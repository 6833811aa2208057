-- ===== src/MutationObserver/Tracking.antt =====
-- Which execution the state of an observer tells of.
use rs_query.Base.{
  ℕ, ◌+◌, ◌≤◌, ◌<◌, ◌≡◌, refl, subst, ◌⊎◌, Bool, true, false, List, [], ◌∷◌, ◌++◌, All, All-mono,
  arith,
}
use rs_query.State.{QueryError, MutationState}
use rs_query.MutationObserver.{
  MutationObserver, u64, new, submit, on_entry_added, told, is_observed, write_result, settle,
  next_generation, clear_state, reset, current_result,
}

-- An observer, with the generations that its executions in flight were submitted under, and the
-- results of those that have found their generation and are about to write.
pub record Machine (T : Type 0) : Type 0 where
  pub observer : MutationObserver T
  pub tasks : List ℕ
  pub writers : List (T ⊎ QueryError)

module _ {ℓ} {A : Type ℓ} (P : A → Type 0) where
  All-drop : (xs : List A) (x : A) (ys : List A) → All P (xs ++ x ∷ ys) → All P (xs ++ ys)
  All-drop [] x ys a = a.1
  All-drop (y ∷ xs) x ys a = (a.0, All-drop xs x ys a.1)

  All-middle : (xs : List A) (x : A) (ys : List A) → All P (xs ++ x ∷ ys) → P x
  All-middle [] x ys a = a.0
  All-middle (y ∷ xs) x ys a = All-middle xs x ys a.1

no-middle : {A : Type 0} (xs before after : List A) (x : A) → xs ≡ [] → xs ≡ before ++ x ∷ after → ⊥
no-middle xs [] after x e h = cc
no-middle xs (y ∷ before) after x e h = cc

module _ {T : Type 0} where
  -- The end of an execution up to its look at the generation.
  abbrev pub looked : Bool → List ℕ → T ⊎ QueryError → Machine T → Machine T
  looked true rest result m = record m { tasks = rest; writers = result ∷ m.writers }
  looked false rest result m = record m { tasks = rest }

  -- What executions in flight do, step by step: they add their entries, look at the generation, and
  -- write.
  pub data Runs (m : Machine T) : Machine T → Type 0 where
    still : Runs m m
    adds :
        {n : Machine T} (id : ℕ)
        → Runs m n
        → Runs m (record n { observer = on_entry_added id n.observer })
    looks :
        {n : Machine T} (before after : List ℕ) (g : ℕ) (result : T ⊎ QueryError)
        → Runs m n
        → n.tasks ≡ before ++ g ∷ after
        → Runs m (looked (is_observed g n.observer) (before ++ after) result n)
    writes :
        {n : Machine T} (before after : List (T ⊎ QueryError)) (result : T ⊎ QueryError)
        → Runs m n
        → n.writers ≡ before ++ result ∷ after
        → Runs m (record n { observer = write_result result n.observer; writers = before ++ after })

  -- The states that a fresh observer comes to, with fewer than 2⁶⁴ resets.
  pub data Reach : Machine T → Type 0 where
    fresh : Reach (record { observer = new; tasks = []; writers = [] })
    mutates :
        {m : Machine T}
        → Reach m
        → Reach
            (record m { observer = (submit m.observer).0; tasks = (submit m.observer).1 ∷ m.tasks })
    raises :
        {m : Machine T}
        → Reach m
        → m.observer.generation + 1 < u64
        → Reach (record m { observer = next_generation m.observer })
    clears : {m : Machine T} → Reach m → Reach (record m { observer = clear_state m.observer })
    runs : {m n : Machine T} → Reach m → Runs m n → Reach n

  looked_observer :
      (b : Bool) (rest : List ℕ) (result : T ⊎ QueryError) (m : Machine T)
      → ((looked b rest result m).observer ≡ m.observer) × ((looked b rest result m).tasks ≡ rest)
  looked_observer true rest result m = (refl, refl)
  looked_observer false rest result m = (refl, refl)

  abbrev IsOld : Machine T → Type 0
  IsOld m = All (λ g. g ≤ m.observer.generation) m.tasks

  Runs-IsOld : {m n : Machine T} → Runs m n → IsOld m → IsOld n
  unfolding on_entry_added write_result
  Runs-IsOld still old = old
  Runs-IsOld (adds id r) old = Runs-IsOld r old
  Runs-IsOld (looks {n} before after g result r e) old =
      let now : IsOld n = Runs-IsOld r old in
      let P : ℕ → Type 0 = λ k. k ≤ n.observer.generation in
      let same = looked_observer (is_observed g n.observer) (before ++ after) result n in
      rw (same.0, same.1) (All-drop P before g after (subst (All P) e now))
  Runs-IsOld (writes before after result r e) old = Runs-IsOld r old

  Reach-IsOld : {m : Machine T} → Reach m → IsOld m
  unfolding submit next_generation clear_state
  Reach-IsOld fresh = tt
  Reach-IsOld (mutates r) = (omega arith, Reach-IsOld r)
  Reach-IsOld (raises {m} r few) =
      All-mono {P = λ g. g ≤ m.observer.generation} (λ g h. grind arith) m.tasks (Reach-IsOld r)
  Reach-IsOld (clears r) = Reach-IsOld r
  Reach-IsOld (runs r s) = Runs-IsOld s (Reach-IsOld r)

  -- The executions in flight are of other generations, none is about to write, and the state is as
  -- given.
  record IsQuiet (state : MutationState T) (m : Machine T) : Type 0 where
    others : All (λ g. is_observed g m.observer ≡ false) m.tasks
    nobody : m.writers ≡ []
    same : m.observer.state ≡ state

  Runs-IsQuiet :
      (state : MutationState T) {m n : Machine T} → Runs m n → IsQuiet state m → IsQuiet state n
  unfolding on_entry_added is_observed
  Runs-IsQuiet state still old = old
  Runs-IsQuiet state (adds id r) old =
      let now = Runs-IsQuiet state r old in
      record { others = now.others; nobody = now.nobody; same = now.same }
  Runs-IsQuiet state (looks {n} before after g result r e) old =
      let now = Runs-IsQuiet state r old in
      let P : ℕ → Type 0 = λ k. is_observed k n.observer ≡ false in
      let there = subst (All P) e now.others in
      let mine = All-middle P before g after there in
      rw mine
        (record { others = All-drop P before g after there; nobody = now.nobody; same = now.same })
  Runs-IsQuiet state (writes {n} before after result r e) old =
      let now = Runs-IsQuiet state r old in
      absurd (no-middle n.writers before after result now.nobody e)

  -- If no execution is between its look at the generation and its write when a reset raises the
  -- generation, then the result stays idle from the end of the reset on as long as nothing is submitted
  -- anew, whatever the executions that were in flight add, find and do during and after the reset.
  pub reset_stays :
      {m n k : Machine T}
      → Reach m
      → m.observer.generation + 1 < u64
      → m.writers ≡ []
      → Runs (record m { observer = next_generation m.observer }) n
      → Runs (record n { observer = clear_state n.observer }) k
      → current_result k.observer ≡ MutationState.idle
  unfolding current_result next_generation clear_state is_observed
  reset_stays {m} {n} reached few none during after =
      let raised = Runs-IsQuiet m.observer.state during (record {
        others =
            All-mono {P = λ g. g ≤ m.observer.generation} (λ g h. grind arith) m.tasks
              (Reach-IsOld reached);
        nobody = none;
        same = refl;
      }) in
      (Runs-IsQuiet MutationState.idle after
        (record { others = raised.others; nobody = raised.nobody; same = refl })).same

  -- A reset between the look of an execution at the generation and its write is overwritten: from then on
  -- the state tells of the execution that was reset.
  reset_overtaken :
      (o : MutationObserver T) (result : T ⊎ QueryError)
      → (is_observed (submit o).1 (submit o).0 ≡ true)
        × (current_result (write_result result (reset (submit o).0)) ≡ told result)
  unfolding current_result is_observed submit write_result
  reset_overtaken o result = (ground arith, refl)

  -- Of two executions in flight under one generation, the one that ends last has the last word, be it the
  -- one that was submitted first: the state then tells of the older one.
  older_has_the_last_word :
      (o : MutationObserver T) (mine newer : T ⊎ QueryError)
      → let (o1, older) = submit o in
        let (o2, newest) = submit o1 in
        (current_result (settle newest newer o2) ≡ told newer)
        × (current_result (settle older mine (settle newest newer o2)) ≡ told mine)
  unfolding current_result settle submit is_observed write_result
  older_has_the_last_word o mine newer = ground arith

---

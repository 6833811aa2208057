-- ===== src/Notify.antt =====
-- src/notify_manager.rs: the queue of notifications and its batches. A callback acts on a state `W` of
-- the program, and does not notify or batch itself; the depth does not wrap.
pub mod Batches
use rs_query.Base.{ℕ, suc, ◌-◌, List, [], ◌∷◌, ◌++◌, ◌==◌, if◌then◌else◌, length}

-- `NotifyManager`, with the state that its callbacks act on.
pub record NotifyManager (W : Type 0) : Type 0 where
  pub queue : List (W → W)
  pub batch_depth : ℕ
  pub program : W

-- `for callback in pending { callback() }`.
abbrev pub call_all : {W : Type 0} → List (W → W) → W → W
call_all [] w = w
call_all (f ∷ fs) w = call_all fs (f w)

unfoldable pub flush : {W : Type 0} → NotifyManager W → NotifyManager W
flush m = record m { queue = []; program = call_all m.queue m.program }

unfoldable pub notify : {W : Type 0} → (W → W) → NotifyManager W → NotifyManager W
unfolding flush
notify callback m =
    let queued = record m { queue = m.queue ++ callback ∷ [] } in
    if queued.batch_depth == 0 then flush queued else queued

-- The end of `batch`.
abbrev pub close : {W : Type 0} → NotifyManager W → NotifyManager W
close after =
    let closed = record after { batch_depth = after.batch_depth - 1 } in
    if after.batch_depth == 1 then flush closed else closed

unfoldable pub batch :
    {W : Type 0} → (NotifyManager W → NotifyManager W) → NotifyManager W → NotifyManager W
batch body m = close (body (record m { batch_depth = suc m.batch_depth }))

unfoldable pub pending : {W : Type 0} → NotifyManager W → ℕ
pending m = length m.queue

Work instructions:
Of the lines above, copy each that contains "mine".

Problem solution:
      let mine = All-middle P before g after there in
      rw mine
      (o : MutationObserver T) (mine newer : T ⊎ QueryError)
        × (current_result (settle older mine (settle newest newer o2)) ≡ told mine)
  older_has_the_last_word o mine newer = ground arith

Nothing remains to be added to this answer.